### Task statement:
Among the lines of the records, count those containing the word "Table", then give the number alone.

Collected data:
=====
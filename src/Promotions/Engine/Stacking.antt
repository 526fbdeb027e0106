-- ===== src/Promotions/Engine/Stacking.antt =====
-- Which promotions are applied together (modules/promotions/entities/promotion.engine.ts).
use smart_light.Prelude.{
  ℕ, suc, ◌+◌, ◌≤◌, ◌≤ℤ◌, int_laws, Bool, true, false, not, List, [], ◌∷◌, none, some, ◌≡◌, refl,
  arith, inl, inr, Bool-cases, Option-cases, if◌then◌else◌, map,
}
use smart_light.Table.{All}
use smart_light.Table.Rows.{All-map}
use smart_light.Promotions.Amount.{Amount, IsOrdered}
use smart_light.Promotions.Types.{Promotion, CartContext, Evaluation, Progress, is_shipping}
use smart_light.Promotions.Engine.{
  comes_before, applied_before, rejection, apply_shipping, apply_order, step, rounds, initial,
  evaluate, sort,
}
use smart_light.Promotions.Engine.Bounds.{step_rejected, step_shipping, step_order}
use smart_light.Promotions.Engine.Order.{
  All-sort, IsSorted, occurrences, occurrences-sort, sort-IsSorted,
}

module _ {W : Type 0} where
  -- An evaluation with status APPLIED of a promotion on the shipping fee, or on the order.
  abbrev pub is_applied : Bool → Evaluation W → Bool
  is_applied ship e = elim e.reason [
    | none ↦ if ship then is_shipping e.type else not (is_shipping e.type)
    | some _ ↦ false
  ]

  unfoldable pub applied_count : Bool → List (Evaluation W) → ℕ
  applied_count ship [] = 0
  applied_count ship (e ∷ es) = (if is_applied ship e then 1 else 0) + applied_count ship es

  abbrev counter : Bool → Progress W → ℕ
  counter true c = c.shipping_promotions_applied
  counter false c = c.order_promotions_applied

module _ {W : Type 0} ⦃w : Amount W⦄ ⦃laws : IsOrdered W⦄ where
  module _ (now : ℕ) (all : List (Promotion W)) (context : CartContext W) (c : Progress W)
      (p : Promotion W) where
    -- A promotion that cannot be stacked passes only as the first of its category.
    first_of_category :
        p.stackable ≡ false → rejection now all context c p ≡ none → applied_before p c ≡ 0
    unfolding rejection
    first_of_category alone passed = ground (arith, alone, passed)

    -- A round counts the promotion where it is applied.
    step-counter :
        (ship : Bool)
        → counter ship (step now all context c p).1
          ≡ counter ship c + (if is_applied ship (step now all context c p).0 then 1 else 0)
    step-counter ship = elim (Option-cases (rejection now all context c p)) [
      | inr (r, rejected) ↦ rw (step_rejected now all context c p rejected) (omega arith)
      | inl passed ↦ elim (Bool-cases (is_shipping p.type)) [
        | inl free ↦ rw (step_shipping now all context c p passed free) (counted_shipping ship free)
        | inr paid ↦ rw (step_order now all context c p passed paid) (counted_order ship paid)
      ]
    ]
      where
        counted_shipping :
            (ship : Bool)
            → is_shipping p.type ≡ true
            → counter ship (apply_shipping context c p).1
              ≡ counter ship c + (if is_applied ship (apply_shipping context c p).0 then 1 else 0)
        counted_shipping true free = ground (arith, free)
        counted_shipping false free = ground (arith, free)

        counted_order :
            (ship : Bool)
            → is_shipping p.type ≡ false
            → counter ship (apply_order context c p).1
              ≡ counter ship c + (if is_applied ship (apply_order context c p).0 then 1 else 0)
        counted_order true paid = ground (arith, paid)
        counted_order false paid = ground (arith, paid)

    -- No counter passes one.
    step-one :
        (ship : Bool)
        → p.stackable ≡ false
        → counter ship c ≤ 1
        → counter ship (step now all context c p).1 ≤ 1
    step-one ship alone one = elim (Option-cases (rejection now all context c p)) [
      | inr (r, rejected) ↦ rw (step_rejected now all context c p rejected) one
      | inl passed ↦ elim (Bool-cases (is_shipping p.type)) [
        | inl free ↦
            rw (step_shipping now all context c p passed free)
              (first_shipping ship one free (first_of_category alone passed))
        | inr paid ↦
            rw (step_order now all context c p passed paid)
              (first_order ship one paid (first_of_category alone passed))
      ]
    ]
      where
        first_shipping :
            (ship : Bool)
            → counter ship c ≤ 1
            → is_shipping p.type ≡ true
            → applied_before p c ≡ 0
            → counter ship (apply_shipping context c p).1 ≤ 1
        first_shipping true one free fresh = ground (arith, free, fresh)
        first_shipping false one free fresh = one

        first_order :
            (ship : Bool)
            → counter ship c ≤ 1
            → is_shipping p.type ≡ false
            → applied_before p c ≡ 0
            → counter ship (apply_order context c p).1 ≤ 1
        first_order true one paid fresh = one
        first_order false one paid fresh = ground (arith, paid, fresh)

    step-id : (step now all context c p).0.promotion_id ≡ p.id
    step-id = elim (Option-cases (rejection now all context c p)) [
      | inr (r, rejected) ↦ rw (step_rejected now all context c p rejected) refl
      | inl passed ↦ elim (Bool-cases (is_shipping p.type)) [
        | inl free ↦ rw (step_shipping now all context c p passed free) refl
        | inr paid ↦ rw (step_order now all context c p passed paid) refl
      ]
    ]

  module _ (clock : ℕ → ℕ) (all : List (Promotion W)) (context : CartContext W) (ship : Bool) where
    rounds-counter :
        (i : ℕ) (c : Progress W) (ps : List (Promotion W))
        → counter ship (rounds clock i all context c ps).1
          ≡ counter ship c + applied_count ship (rounds clock i all context c ps).0
    unfolding rounds applied_count
    rounds-counter i c [] = omega arith
    rounds-counter i c (p ∷ ps) =
        let (e, c') = step (clock i) all context c p in
        omega (
          arith,
          step-counter (clock i) all context c p ship,
          rounds-counter (suc i) (step (clock i) all context c p).1 ps,
        )

    rounds-one :
        (i : ℕ) (c : Progress W) (ps : List (Promotion W))
        → All (λ p. p.stackable ≡ false) ps
        → counter ship c ≤ 1
        → counter ship (rounds clock i all context c ps).1 ≤ 1
    unfolding rounds
    rounds-one i c [] a one = one
    rounds-one i c (p ∷ ps) a one =
        rounds-one (suc i) (step (clock i) all context c p).1 ps a.1
          (step-one (clock i) all context c p ship a.0 one)

  rounds-ids :
      (clock : ℕ → ℕ) (i : ℕ) (all : List (Promotion W)) (context : CartContext W) (c : Progress W)
      (ps : List (Promotion W))
      → map (λ e. e.promotion_id) (rounds clock i all context c ps).0 ≡ map (λ p. p.id) ps
  unfolding rounds
  rounds-ids clock i all context c [] = refl
  rounds-ids clock i all context c (p ∷ ps) =
      rw
        (
          step-id (clock i) all context c p,
          rounds-ids clock (suc i) all context (step (clock i) all context c p).1 ps,
        )
        refl

  -- Of promotions that cannot be stacked, at most one is applied to the shipping fee and at most one
  -- to the order, whatever the clock shows.
  pub evaluate_one_of_each :
      (clock : ℕ → ℕ) (promotions : List (Promotion W)) (context : CartContext W)
      → All (λ p. p.stackable ≡ false) promotions
      → (applied_count true (evaluate clock promotions context).evaluations ≤ 1)
        × (applied_count false (evaluate clock promotions context).evaluations ≤ 1)
  unfolding evaluate
  evaluate_one_of_each clock promotions context alone = (at_most true, at_most false)
    where
      fresh : (ship : Bool) → counter ship (initial context) ≤ 1
      fresh true = omega arith
      fresh false = omega arith

      at_most :
          (ship : Bool)
          → applied_count ship
              (rounds clock 0 (sort promotions) context (initial context) (sort promotions)).0
            ≤ 1
      at_most ship = omega (
        arith,
        rounds-one clock (sort promotions) context ship 0 (initial context) (sort promotions)
            (All-sort _ promotions alone) (fresh ship),
        rounds-counter clock (sort promotions) context ship 0 (initial context) (sort promotions),
      )

  -- A greater priority goes first; among equal priorities, what was created earlier.
  pub record Precedes (p q : Promotion W) : Type 0 where
    pub by_priority : q.priority ≤ℤ p.priority
    pub by_age : p.priority ≡ q.priority → p.created_at ≤ q.created_at

  abbrev pub IsByPriority : List (Promotion W) → Type 0
  IsByPriority [] = Unit
  IsByPriority (p ∷ t) = All (Precedes p) t × IsByPriority t

  not_before-Precedes : (p q : Promotion W) → comes_before q p ≡ false → Precedes p q
  not_before-Precedes p q h = record {
    by_priority = grind (int_laws, h);
    by_age = λ same. ground (arith, h, same);
  }

  sorted-IsByPriority : (t : List (Promotion W)) → IsSorted t → IsByPriority t
  sorted-IsByPriority [] s = tt
  sorted-IsByPriority (p ∷ t) (first, rest) =
      (All-map t (λ q. not_before-Precedes p q) first, sorted-IsByPriority t rest)

  -- The evaluations answer the sorted promotions one by one; the sorted list has every promotion's id
  -- as often as the list that was given; and in it a promotion of greater priority stands in front of
  -- one of less, and among equal priorities none stands behind a younger one.
  pub evaluate-sort :
      (clock : ℕ → ℕ) (promotions : List (Promotion W)) (context : CartContext W)
      → (map (λ e. e.promotion_id) (evaluate clock promotions context).evaluations
          ≡ map (λ p. p.id) (sort promotions))
        × ((id : ℕ) → occurrences id (sort promotions) ≡ occurrences id promotions)
        × IsByPriority (sort promotions)
  unfolding evaluate
  evaluate-sort clock promotions context = (
    rounds-ids clock 0 (sort promotions) context (initial context) (sort promotions),
    λ id. occurrences-sort id promotions,
    sorted-IsByPriority (sort promotions) (sort-IsSorted promotions),
  )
=====
### Reply:
2